While mammography screening every two years had the lowest overall expenditures, it only resulted in 47 quality-adjusted life years (QALY) gained. H. Amarens Geuzinge, MSc, of Erasmus University Medical Center in Rotterdam, The Netherlands, and colleagues found that screening with MRI alone every four years was cost-effective and doubled the amount of QALYs gained to 96.
MRI screening is beneficial for women with dense breasts
Quadrennial MRI had the highest acceptable incremental cost-effectiveness ratio (ICER), with €15,620 ($18,110) per QALY, when using the National Institute for Health and Care Excellence (NICE) threshold of €22,000 ($25,500), and thus should be recommended from a cost-effectiveness perspective, the authors suggested in the Journal of the National Cancer Institute. “MRI every 2 or 3 years can also become cost-effective if decision-makers are willing to pay more than €22,000 per QALY gained,” they noted. Christiane K. Kuhl, MD, PhD, of University Hospital Aachen in Germany, and Pascal Baltzer, MD, PhD, of Medical University of Vienna in Austria, wrote in an accompanying editorial that the study “provides critical evidence for a simple fact: A more sensitive and expensive diagnostic test is cost-effective, even if it is used for screening, when compared to a less sensitive and less expensive test.” “A bigger expenditure in breast cancer screening can be regarded a useful investment in one’s bodily health for women at risk of being underserved by mammographic screening,” they concluded.

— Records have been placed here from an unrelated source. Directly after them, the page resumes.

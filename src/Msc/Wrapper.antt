-- ===== src/Msc/Wrapper.antt =====
-- The status wrappers that answer the command wrappers.
use usbdevice.Base.{
  ℕ, ◌≤◌, ◌<◌, ◌≡◌, ◌⊎◌, inl, inr, true, false, refl, arith, get_or, Bool-cases, ap,
}
use usbdevice.Device.{Platform, EpRef, get_ep}
use usbdevice.Msc.{MscState, command_out, data_out, data_in, cmd_passed, Msc, MscCtx, word_mod}
use usbdevice.Msc.Blocks.{
  send_csw, receive_cbw, read10, write10, in_data, process_read, process_write, put_sense_code, aim,
  read_part, write_part, move_on, on_msc, in_data_at,
}
use usbdevice.Msc.Commands.{
  is_command_out, process_command, send_response, route_command, verify10, inquiry_command,
  read_format_capacity, test_unit_ready, request_sense, start_stop_unit,
  prevent_allow_medium_removal, mode_sense6, mode_sense10, read_capacity10,
}
use usbdevice.Msc.Transport.{
  out_data, take_command, take_data, close_command, reject_cbw, open_status, is_valid_cbw,
}
use usbdevice.Msc.Medium.{is_moving}

-- The status wrapper answers the command: it has its tag, its residue is at most the length that the
-- host has asked for, and is what a transfer under way has still to move.
pub record Answers (i : Msc) : Type 0 where
  pub same_tag : i.csw.tag ≡ i.cbw.tag
  pub residue_le : i.csw.data_residue ≤ i.cbw.data_length
  pub word : i.cbw.data_length < word_mod
  pub rest : is_moving i.state ≡ true → i.rem_length ≡ i.csw.data_residue
  pub known : i.csw.status ≤ 1

module _ (p : Platform) where
  process_read-Answers :
      (c : MscCtx) → is_moving c.itf.state ≡ true → Answers c.itf → Answers (process_read p c).1.itf
  unfolding process_read read_part move_on put_sense_code
  process_read-Answers c s v = ground arith

  process_write-Answers :
      (c : MscCtx)
      → is_moving c.itf.state ≡ true
      → Answers c.itf
      → Answers (process_write p c).1.itf
  unfolding process_write write_part move_on put_sense_code
  process_write-Answers c s v = ground arith

  in_data-Answers : (c : MscCtx) → Answers c.itf → Answers (in_data p c).itf
  unfolding in_data send_csw receive_cbw
  in_data-Answers c v = ground (arith, process_read-Answers c)

  take_data-Answers :
      (c : MscCtx) → is_moving c.itf.state ≡ true → Answers c.itf → Answers (take_data p c).itf
  unfolding take_data send_csw receive_cbw
  take_data-Answers c s v = ground (arith, process_write-Answers c s v)

  -- A command that has just been received.
  record Opened (i : Msc) : Type 0 where
    same_tag : i.csw.tag ≡ i.cbw.tag
    whole : i.csw.data_residue ≡ i.cbw.data_length
    word : i.cbw.data_length < word_mod
    waiting : i.state ≡ command_out
    passed : i.csw.status ≡ cmd_passed

  Opened-Answers : (i : Msc) → Opened i → Answers i
  Opened-Answers i v = ground arith

  in_data-kept :
      (c : MscCtx)
      → (c.itf.state ≡ command_out) ⊎ Answers c.itf
      → (c.itf.state ≡ command_out) × (in_data p c ≡ c) ⊎ Answers (in_data p c).itf
  unfolding in_data
  in_data-kept c (inl e) = inl (e, ap (λ s. in_data_at p s c) e)
  in_data-kept c (inr v) = inr (in_data-Answers c v)

  read10-Answers : (c : MscCtx) → Opened c.itf → Answers (read10 p c).1.itf
  unfolding read10 put_sense_code aim
  read10-Answers c v =
      let d = record c { itf = record (aim c.itf) { state = data_in } } in
      let started : c.itf.cbw.data_length ≡ (aim c.itf).rem_length
          → Answers (process_read p d).1.itf =
        λ e. process_read-Answers d refl (ground arith) in
      ground (arith, started)

  write10-Answers : (c : MscCtx) → Opened c.itf → Answers (write10 p c).1.itf
  unfolding write10 put_sense_code aim
  write10-Answers c v = ground arith

  -- A command that has not started a transfer leaves the whole residue.
  abbrev Unmoved : Msc → Type 0
  Unmoved i = is_command_out i.state ≡ true → i.csw.data_residue ≡ i.cbw.data_length

  process_read_busy :
      (c : MscCtx) → c.itf.state ≡ data_in → is_command_out (process_read p c).1.itf.state ≡ false
  unfolding process_read read_part move_on put_sense_code
  process_read_busy c s = ground arith

  read10-Unmoved : (c : MscCtx) → Opened c.itf → Unmoved (read10 p c).1.itf
  unfolding read10 put_sense_code aim
  read10-Unmoved c v =
      let d = record c { itf = record (aim c.itf) { state = data_in } } in
      ground (arith, process_read_busy d refl)

  write10-Unmoved : (c : MscCtx) → Opened c.itf → Unmoved (write10 p c).1.itf
  unfolding write10 put_sense_code aim
  write10-Unmoved c v = ground arith

  route_command-Answers :
      (op : ℕ) (c : MscCtx)
      → Opened c.itf
      → Answers (route_command p op c).1.itf × Unmoved (route_command p op c).1.itf
  unfolding route_command verify10 inquiry_command read_format_capacity test_unit_ready
      request_sense start_stop_unit prevent_allow_medium_removal mode_sense6 mode_sense10
      read_capacity10 put_sense_code
  route_command-Answers op c v =
      ground
        (arith, read10-Answers c v, write10-Answers c v, read10-Unmoved c v, write10-Unmoved c v)

  send_response-Answers :
      (v : ℕ × MscCtx) → Answers v.1.itf → Unmoved v.1.itf → Answers (send_response p v).itf
  unfolding send_response
  send_response-Answers (len, c) v u = ground arith

  close_command-Answers : (c : MscCtx) → Answers c.itf → Answers (close_command p c).itf
  unfolding close_command send_csw receive_cbw
  close_command-Answers c v = ground arith

  reject_cbw-Answers : (c : MscCtx) → Answers c.itf → Answers (reject_cbw p c).itf
  unfolding reject_cbw put_sense_code
  reject_cbw-Answers c v = ground arith

  open_status-Opened :
      (i : Msc) → i.state ≡ command_out → i.cbw.data_length < word_mod → Opened (open_status i)
  unfolding open_status
  open_status-Opened i s w = ground arith

  take_command-Answers :
      (len : ℕ) (c : MscCtx)
      → c.itf.state ≡ command_out
      → c.itf.cbw.data_length < word_mod
      → Answers (take_command p len c).itf
  unfolding take_command process_command
  take_command-Answers len c s w =
      let o = on_msc open_status c in
      let v = route_command p (get_or o.itf.cbw.cb 0 0) o in
      let opened = open_status-Opened c.itf s w in
      let (routed, unmoved) = route_command-Answers (get_or o.itf.cbw.cb 0 0) o opened in
      elim (Bool-cases (is_valid_cbw len c.itf)) [
        | inl e ↦ rw e (close_command-Answers _ (send_response-Answers v routed unmoved))
        | inr e ↦ rw e (reject_cbw-Answers o (Opened-Answers o.itf opened))
      ]

  out_data-Answers :
      (s : MscState) (ep : EpRef) (c : MscCtx)
      → c.itf.state ≡ s
      → (c.itf.state ≡ command_out) ⊎ Answers c.itf
      → c.itf.cbw.data_length < word_mod
      → Answers (out_data p ep c).itf
  unfolding out_data send_csw receive_cbw
  out_data-Answers command_out ep c s h w =
      ground (arith, take_command-Answers (get_ep ep c.dev).transfer_length c s w)
  out_data-Answers data_out ep c s h w = ground (arith, take_data-Answers c)
  out_data-Answers _ ep c s h w = ground arith

  -- The status wrapper answers the command after every OUT event, whatever was received: its tag is that
  -- of the command, its residue is at most the length that the host has asked for, and exactly what
  -- remains of a transfer under way. An IN event keeps this; it changes nothing while the interface waits
  -- for a command. (The length of a command fits in its 32 bits, and before the event the wrapper answers
  -- the command, or the interface waits for one.)
  pub wrapper-Answers :
      (ep : EpRef) (c : MscCtx)
      → (c.itf.state ≡ command_out) ⊎ Answers c.itf
      → c.itf.cbw.data_length < word_mod
      → Answers (out_data p ep c).itf
        × ((c.itf.state ≡ command_out) × (in_data p c ≡ c) ⊎ Answers (in_data p c).itf)
  wrapper-Answers ep c h w = (out_data-Answers c.itf.state ep c refl h w, in_data-kept c h)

The multinational DENSE trial from 2019 showed that extra MRI screening for women with exceptionally dense breast tissue resulted in fewer interval cancers and the detection of smaller tumours than mammography alone, according to Geuzinge and colleagues. MRI screening, on the other hand, resulted in a higher number of false-positive outcomes. “A cost-effectiveness study is needed to evaluate whether the additional effects are worth the money,” they concluded, because MRI screening is more expensive than mammography. The scientists used DENSE data to mimic ten different mammography and MRI screening procedures with variable intervals. 69 screen-detected breast cancers and 43 breast cancer deaths per 1,000 women were reported with biennial mammography alone. Adding MRI to every other round of screening resulted in 24 more tumours being discovered on the screen and seven fewer breast cancer deaths. Adding MRI to every screening cycle resulted in four more tumours being discovered on the screen and one less breast cancer mortality. MRI alone every 2 or 3 years, without mammography, resulted in 100 and 97 tumours found on the screen, respectively. Overdiagnosis occurred in a comparable number of cases across all techniques involving MRI (20-21 instances) compared to 17 cases with biennial mammography alone.
Changing from a 2-year period of alternating mammography and MRI to a more expensive technique did not prevent any additional breast cancer deaths. The authors found that mammography-based methods were inferior to others because they had more clinically detected malignancies, which resulted in more breast cancer deaths and less QALYs than MRI-based strategies. However, alternating mammography with MRI every two years proved effective, and increasing the time between MRI screenings resulted in lower total expenses and only a few malignancies not being spotted on the screen. While MRI screening is cost-effective for women with thick breasts, they only account for roughly 8% of women aged 50 to 75, according to Geuzinge and colleagues. As a result, MRI screening may put a strain on healthcare budgets. “In addition, screening these women in a hospital setting may result in capacity issues,” they noted. “Implementing MRI screening would necessitate the purchase of additional MRI machines as well as additional (trained) employees.” Kuhl and Baltzer noted in their editorial that a screening test that “predictably will not offer the desired diagnostic information” is “not only profoundly upsetting for individuals who participated and yet obtain a late cancer diagnosis, but it is also a waste of time.”